# Unlocking passinger doors and rear hatch



## brianstright (2 mo ago)

2023 Model Y, downloaded newest software version, picked up 12-15-22. I cannot walk up to the rear hatch and press button to open, same with passinger doors. Driver door unlocks when I walk up. I have to hold down driver door release button or use phone app to unlock all other doors. Is this normal? Frustrating when it's pouring rain and you have to fumble with the app to get in.


----------



## Bigriver (Jan 26, 2018)

@brianstright, check the configurable options in the car for the doors/locks. I know that passenger door is an option.
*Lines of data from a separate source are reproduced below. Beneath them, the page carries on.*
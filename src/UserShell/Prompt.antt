-- ===== src/UserShell/Prompt.antt =====
-- user-mode/user-shell.c: the prompt, which four system calls put onto the screen.
use Prim.Native.Nat.{bit_or}
use if2230_2023_hexos.Prelude.{
  ℕ, ◌+◌, ◌-◌, ◌*◌, ◌/◌, ◌%◌, ◌≤◌, ◌<◌, ◌≡◌, refl, ap, ◌∙◌, ◌&&◌, ltb, leb, ◌==◌, if◌then◌else◌, [],
  ◌∷◌, Buf, bytes_of, done, arith,
}
use if2230_2023_hexos.Ports.{Bus}
use if2230_2023_hexos.Ports.Crtc.{Crtc}
use if2230_2023_hexos.Framebuffer.{framebuffer_get_cursor}
use if2230_2023_hexos.Framebuffer.Cursor.{position, position-set_cursor, get_cursor-position}
use if2230_2023_hexos.Interrupt.{Kernel}
use if2230_2023_hexos.UserShell.{Frame, user_syscall, show_prompt}
use if2230_2023_hexos.UserShell.Printing.{behind_text, print-PrintedAt}

-- "hexOS@OS-IF2230:root$ "
abbrev pub prompt_text : Buf
prompt_text = bytes_of (
    b'h' ∷ b'e' ∷ b'x' ∷ b'O' ∷ b'S' ∷ b'@' ∷ b'O' ∷ b'S' ∷ b'-' ∷ b'I' ∷ b'F' ∷ b'2' ∷ b'2' ∷ b'3'
    ∷ b'0' ∷ b':' ∷ b'r' ∷ b'o' ∷ b'o' ∷ b't' ∷ b'$' ∷ b' ' ∷ [])

-- The colours of its parts: the host, the colon, the directory, and the sign.
abbrev pub prompt_color : ℕ → ℕ
prompt_color i = if ltb i 15 then 0x2 else if ltb i 16 then 0x7 else if ltb i 20 then 0x9 else 0x7

-- The literals of `main` are where the frame says.
pub record Literals (frame : Frame) (memory : Buf) : Type 0 where
  pub host : (a : ℕ) → a < 15 → memory (frame.host + a) ≡ prompt_text (0 + a)
  pub colon : (a : ℕ) → a < 1 → memory (frame.colon + a) ≡ prompt_text (15 + a)
  pub root : (a : ℕ) → a < 4 → memory (frame.root + a) ≡ prompt_text (16 + a)
  pub prompt : (a : ℕ) → a < 2 → memory (frame.prompt + a) ≡ prompt_text (20 + a)

module _ (bus : Bus) (card : Crtc bus) where
  -- `len` characters of `text` in one colour stand on the screen from cell `p` on, and the cursor behind
  -- them. The memory is as it was.
  record Shown (p len color : ℕ) (text : Buf) (k k' : Kernel bus.Devices) : Type 0 where
    pub cells :
        (x : ℕ)
        → k'.machine.screen x ≡ (
            if leb (2 * p) x && ltb x (2 * (p + len))
            then (if (x - 2 * p) % 2 == 0
                then text ((x - 2 * p) / 2) % 256
                else bit_or 0 (color % 256) % 256)
            else k.machine.screen x)
    pub cursor : position bus card k'.machine.devices ≡ p + len
    pub memory : k'.memory ≡ k.memory

  module _ (fuel : ℕ) (frame : Frame) where
    print-Shown :
        (ptr len color p : ℕ) (text : Buf) (k : Kernel bus.Devices)
        → len < fuel
        → len ≤ 176
        → p < 20000
        → position bus card k.machine.devices ≡ p
        → ((a : ℕ) → a < len → k.memory (ptr + a) ≡ text a)
        → (k' : Kernel bus.Devices) × (user_syscall bus fuel frame 6 ptr len color k ≡ done k')
          × Shown p len color text k k'
    print-Shown ptr len color p text k enough short low at same =
        let (screen, ends, shown) = print-PrintedAt bus fuel frame ptr len color k enough short in
        let (x, y, d) = framebuffer_get_cursor bus k.machine.devices in
        let (row, col, kept) = get_cursor-position bus card k.machine.devices in
        let place : 80 * x + y ≡ p = omega (arith, row, col, at) in
        (
          behind_text bus len screen k,
          ends,
          record {
            cells = λ c. ground (arith, shown.cells c, same ((c - 2 * p) / 2), place);
            cursor =
                position-set_cursor bus card x ((y + len) % 256) d (omega (arith, row))
                  (omega arith)
                ∙ omega (arith, col, place);
            memory = refl;
          },
        )

    -- Of a text whose characters have the colours `colors` the first `n` are shown, from cell `p` on.
    record ShownTo (p n : ℕ) (text : Buf) (colors : ℕ → ℕ) (k k' : Kernel bus.Devices)
        : Type 0 where
      pub cells :
          (x : ℕ)
          → k'.machine.screen x ≡ (
              if leb (2 * p) x && ltb x (2 * (p + n))
              then (if (x - 2 * p) % 2 == 0
                  then text ((x - 2 * p) / 2) % 256
                  else colors ((x - 2 * p) / 2))
              else k.machine.screen x)
      pub cursor : position bus card k'.machine.devices ≡ p + n
      pub memory : k'.memory ≡ k.memory

    -- A call that prints the next characters.
    print-ShownTo :
        (ptr len color p n : ℕ) (text : Buf) (colors : ℕ → ℕ) {k k1 : Kernel bus.Devices}
        → len < fuel
        → len ≤ 176
        → p + n < 20000
        → ((i : ℕ) → n ≤ i → i < n + len → colors i ≡ bit_or 0 (color % 256) % 256)
        → ((a : ℕ) → a < len → k.memory (ptr + a) ≡ text (n + a))
        → ShownTo p n text colors k k1
        → (k2 : Kernel bus.Devices) × (user_syscall bus fuel frame 6 ptr len color k1 ≡ done k2)
          × ShownTo p (n + len) text colors k k2
    print-ShownTo ptr len color p n text colors {k} {k1} enough short low tint texts up =
        let (k2, ends, shown) =
          print-Shown ptr len color (p + n) (λ a. text (n + a)) k1 enough short low up.cursor
            (λ a l. ap (λ (m : Buf). m (ptr + a)) up.memory ∙ texts a l) in
        (
          k2,
          ends,
          record {
            cells = λ x. ground (arith, shown.cells x, up.cells x, tint ((x - 2 * p) / 2));
            cursor = shown.cursor ∙ omega arith;
            memory = shown.memory ∙ up.memory;
          },
        )

    -- With the card behind the ports, the literals in the memory, more than 15 units of fuel and the
    -- cursor in one of the 2000 cells of the screen, the four calls return. The 22 characters
    -- of the prompt are then on the screen from the cursor on, each in its colour on black, no other
    -- cell has changed, the cursor is behind the prompt, and the memory is as before.
    pub show_prompt-Shown :
        (p : ℕ) (k : Kernel bus.Devices)
        → 15 < fuel
        → p < 2000
        → position bus card k.machine.devices ≡ p
        → Literals frame k.memory
        → (k' : Kernel bus.Devices) × (show_prompt bus fuel frame k ≡ done k')
          × ((x : ℕ)
              → k'.machine.screen x ≡ (
                  if leb (2 * p) x && ltb x (2 * (p + 22))
                  then (if (x - 2 * p) % 2 == 0
                      then prompt_text ((x - 2 * p) / 2) % 256
                      else prompt_color ((x - 2 * p) / 2))
                  else k.machine.screen x))
          × (position bus card k'.machine.devices ≡ p + 22)
          × (k'.memory ≡ k.memory)
    unfolding show_prompt
    show_prompt-Shown p k enough low at texts =
        let none : ShownTo p 0 prompt_text prompt_color k k = record {
          cells = λ x. ground arith;
          cursor = at ∙ omega arith;
          memory = refl;
        } in
        let (k1, e1, s1) =
          print-ShownTo frame.host 15 0x2 p 0 prompt_text prompt_color {k1 = k} enough (omega arith)
            (omega arith) (λ i low high. ground arith) texts.host none in
        let (k2, e2, s2) =
          print-ShownTo frame.colon 1 0x7 p 15 prompt_text prompt_color {k1 = k1} (omega arith)
            (omega arith) (omega arith) (λ i low high. ground arith) texts.colon s1 in
        let (k3, e3, s3) =
          print-ShownTo frame.root 4 0x9 p 16 prompt_text prompt_color {k1 = k2} (omega arith)
            (omega arith) (omega arith) (λ i low high. ground arith) texts.root s2 in
        let (k4, e4, s4) =
          print-ShownTo frame.prompt 2 0x7 p 20 prompt_text prompt_color {k1 = k3} (omega arith)
            (omega arith) (omega arith) (λ i low high. ground arith) texts.prompt s3 in
        (k4, rw (e1, e2, e3) e4, s4.cells, s4.cursor, s4.memory)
Rear hatch may also be separately configurable on the model Y.


----------



## Rub"Y" (4 mo ago)

Did you check the lock menu. I believe you now have the option of driver's door only.


----------



## Jrogern (Sep 13, 2021)

I had the same problem after they added the Door Assist Lock feature (not sure that is the right name for it, but not in the car right now). What I had to do was Disable it and hit save under my profile. You can find it under Controls/Locks, scroll down to the choices below the User panel and you will see it enabled. It drove me crazy for the first couple of weeks.


----------



## brianstright (2 mo ago)

Thanks will look into this tomorrow. Agree it is driving me crazy!!


----------